Bip, bip, bip, bip…
That ticking beep. Countdowns… counting up, maybe. Like a bomb. Or the electronic heart of a machine. Respiration, beats per minute, parts per million, drops in a tube.
The sting of a needle in an arm. The burning of the passage of a foreign vintage into one’s veins. And things changing. Growing. Not like a child, curled up and sleeping beneath the cage of the ribs, but like a contagion, like a mold, like blood slowly uncurling in a cup of water.

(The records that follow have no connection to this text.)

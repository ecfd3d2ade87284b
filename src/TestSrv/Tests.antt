-- ===== src/TestSrv/Tests.antt =====
-- The server of src/nksrv/lib/nntp/testsrv/data.go, and runs of its methods.
use nksrv.Base.{
  arith, ◌≡◌, refl, true, false, List, [], ◌∷◌, ◌++◌, none, some, codes, bytes_eq, All, inl,
}
use nksrv.Base.Int.{pos, negsuc}
use nksrv.Nntp.Dates.{Date, Clock}
use nksrv.Nntp.Session.{
  article_by_num, article_stat, select_group, select_and_list_group, handle_post, Server,
}
use nksrv.Nntp.Session.Permission.{IsPermitted}
use nksrv.Nntp.Session.Serve.{line_read, Input, serve_client, new_conn, new_tls_conn}
use nksrv.Nntp.Fixture.{bob, small_server}
use nksrv.TestSrv.Data.{
  Overview, Article, Group, Srv, GroupState, own, borrowed, Sent, group_selected, Res, answers,
  refuses,
}
use nksrv.TestSrv.Posts.{Headers}
use nksrv.TestSrv.Answer.{TestSrv, World, method}
use nksrv.TestSrv.Articles.{get_article_by_num, a1_msgid}
use nksrv.TestSrv.Rounds.{state_of, select_prev-next}
use nksrv.TestSrv.Serving.{provide, provide-IsPermitted}
use nksrv.TestSrv.Groups
use nksrv.TestSrv.Posts
use nksrv.TestSrv.Data
use nksrv.TestSrv.Invariant.{start, call, Reached-IsSound}
use nksrv.TestSrv.Invariant.Moves.{IsSound, IsReady}

abbrev over1 : Overview
over1 = record {
  subject = codes "nekos";
  from = codes "<neko@void.neko.test>";
  date = codes "6 Oct 2000 01:23:45 -0000";
  msgid = a1_msgid;
  references = [];
  bytes = codes "33";
  lines = codes "2";
  xref = codes "void.neko.test nekos:9000";
  to = [];
  cc = [];
}

abbrev noon : Date × Clock
noon = (
  record { year = 2000; month = 10; day = 6; valid = true },
  record { hour = 12; minute = 0; second = 0; valid = true },
)

abbrev a1 : Article
a1 = record {
  msgid = a1_msgid;
  group = codes "nekos";
  number = 9000;
  posted = noon;
  over = over1;
  head = codes "Subject: nekos";
  body = codes "Nekos are Love.";
}

abbrev g1 : Group
g1 = record {
  name = codes "nekos";
  info = codes "group about nekos";
  created = noon;
  status = b'y';
  articles = (9000, a1) ∷ [];
  articles_sort = 9000 ∷ [];
}

abbrev s1 : Srv
s1 = record {
  groups = (codes "nekos", g1) ∷ [];
  groups_sort = codes "nekos" ∷ [];
  articles = (a1_msgid, a1) ∷ [];
}

abbrev p1 : TestSrv
p1 = record {
  support_new_news = true;
  support_over_by_msgid = true;
  support_hdr = true;
  support_ihave = true;
  support_post = true;
  support_stream = true;
  permits = record {
    posting_permit = true;
    posting_accept = true;
    transfer_permit = true;
    transfer_accept = true;
  };
}

-- The bytes of an earlier command are those of LISTGROUP by now.
abbrev world : World
world = record {
  now = λ s. codes "LISTG";
  incoming = record { msgid = codes "<a@b>"; failed = false };
  after = λ d c t. false;
  matches = λ re s. false;
}

-- The state behind GROUP.
abbrev in_nekos : GroupState
in_nekos = record { group = borrowed (codes "nekos"); number = 9000; g = some g1 }

selected :
    method p1 s1 world (select_group (codes "nekos")) none
    ≡ answers (some in_nekos) (group_selected 1 9000 9000 (codes "nekos") ∷ [])
unfolding method bytes_eq Groups.select_group
selected = refl

-- LISTGROUP without an argument does not find the group that is selected: its name was written over.
list_selected_fails :
    method p1 s1 world (select_and_list_group none (pos 1) (negsuc 0)) (some in_nekos)
    ≡ refuses (some in_nekos)
unfolding method bytes_eq Groups.select_and_list_group
list_selected_fails = refl

-- LISTGROUP of a group that is not there leaves a state that ARTICLE panics on.
article_panics :
    method p1 s1 world
      (article_by_num article_stat 1)
      (some (record { group = own []; number = 0; g = none }))
    ≡ none
unfolding method get_article_by_num
article_panics = refl

-- A post whose headers are read without an error is refused.
post_fails :
    method p1 s1 world handle_post none
    ≡ answers none (Data.send_article ∷ Data.posting_failed ∷ [])
unfolding method Posts.handle_post
post_fails = refl

ready : IsReady s1
ready = (((a1, refl), tt), tt)

Reached-IsSound_example : IsSound (some in_nekos)
unfolding method bytes_eq Groups.select_group
Reached-IsSound_example = Reached-IsSound p1 s1 (some in_nekos) ready (
    call world (select_group (codes "nekos")) none
      (record {
        ok = true;
        gs = some in_nekos;
        sent = group_selected 1 9000 9000 (codes "nekos") ∷ [];
      })
      start refl)

-- A group is selected and a post is refused for lack of the right.
abbrev T : Server
T = provide p1 s1 (λ r log. world) small_server

abbrev session : List (Input T)
session =
    line_read (codes "GROUP nekos" ++ b'\n' ∷ [])
    ∷ line_read (codes "POST" ++ b'\n' ∷ [])
    ∷ line_read (codes "STAT 9000" ++ b'\n' ∷ [])
    ∷ []

provide-IsPermitted_example :
    All IsPermitted (serve_client T session (new_conn T [])).1.trace
    × All IsPermitted (serve_client T session (new_tls_conn T (some bob) [])).1.trace
provide-IsPermitted_example =
    provide-IsPermitted p1 s1 (λ r log. world) small_server session (some bob) []

abbrev g3 : Group
g3 = record g1 { articles = (3, a1) ∷ (9, a1) ∷ (4, a1) ∷ []; articles_sort = 3 ∷ 4 ∷ 9 ∷ [] }

abbrev at_3 : GroupState
at_3 = record { group = own (codes "nekos"); number = 3; g = some g3 }

select_prev-next_example :
    (state_of (Groups.select_next_article (some at_3)) ≡ some (record at_3 { number = 4 }))
    × (state_of (Groups.select_prev_article (some (record at_3 { number = 4 }))) ≡ some at_3)
select_prev-next_example =
    select_prev-next at_3 g3 refl 4 ((a1, refl), ((a1, refl), ((a1, refl), tt)))
      ((omega arith, (omega arith, tt)), ((omega arith, tt), (tt, tt))) (inl refl) refl refl
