-- ===== src/Yenc.antt =====
-- src/nksrv/lib/utils/yenc: the encoder (enc.go) and the decoder (dec.go) of binary posts.
pub mod Encoder
pub mod Decoder
pub mod Stream
pub mod RoundTrip
mod Tests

The creak of bones, like a tall-masted ship crossing a stormy sea, and the tearing sound of muscles being stretched as if on a rack.
Let me in. I’ll teach you control. I’ll give you that gift. I’ll show you the stars.
Oh the whispering, the mutters in her head, and the flashes of pain she couldn’t understand because they didn’t belong to her, and her own pain was so enormous that in intrusion seemed impossible to understand. One incredible soprano note sung in the mosh pit of a rock concert.
The enormous crash of metal falling to the floor. The collapse of the steel womb. Sticky blood pooling beneath a sharp metal edge.
She sat up so quickly that her hair snapped forward and then fell back in a crazy tangle, her neck joints creaking and her jaw clenched. The alarm clock beside the bed was beeping insistently, and outside in the street, garbage collectors smashed a dumpster against the wall as it was emptied.
She ran her hands through her short mass of black hair, then peered at them, stretching the fingers out to full length, splaying them, trying to understand reality again. The beeping of the alarm clock was not an infirmary monitor. The trash collection was not a bomb. And the blood that filled the room with its hot iron scent was only dripping from her nose. She slapped the clock to shut it off, then clamped her fingers to her nose to stem the flow, climbing out of bed and padding to the bathroom.
In the dawn dimness of the apartment, the metal clasped to her wrist flickered out its electric red signal like a heartbeat.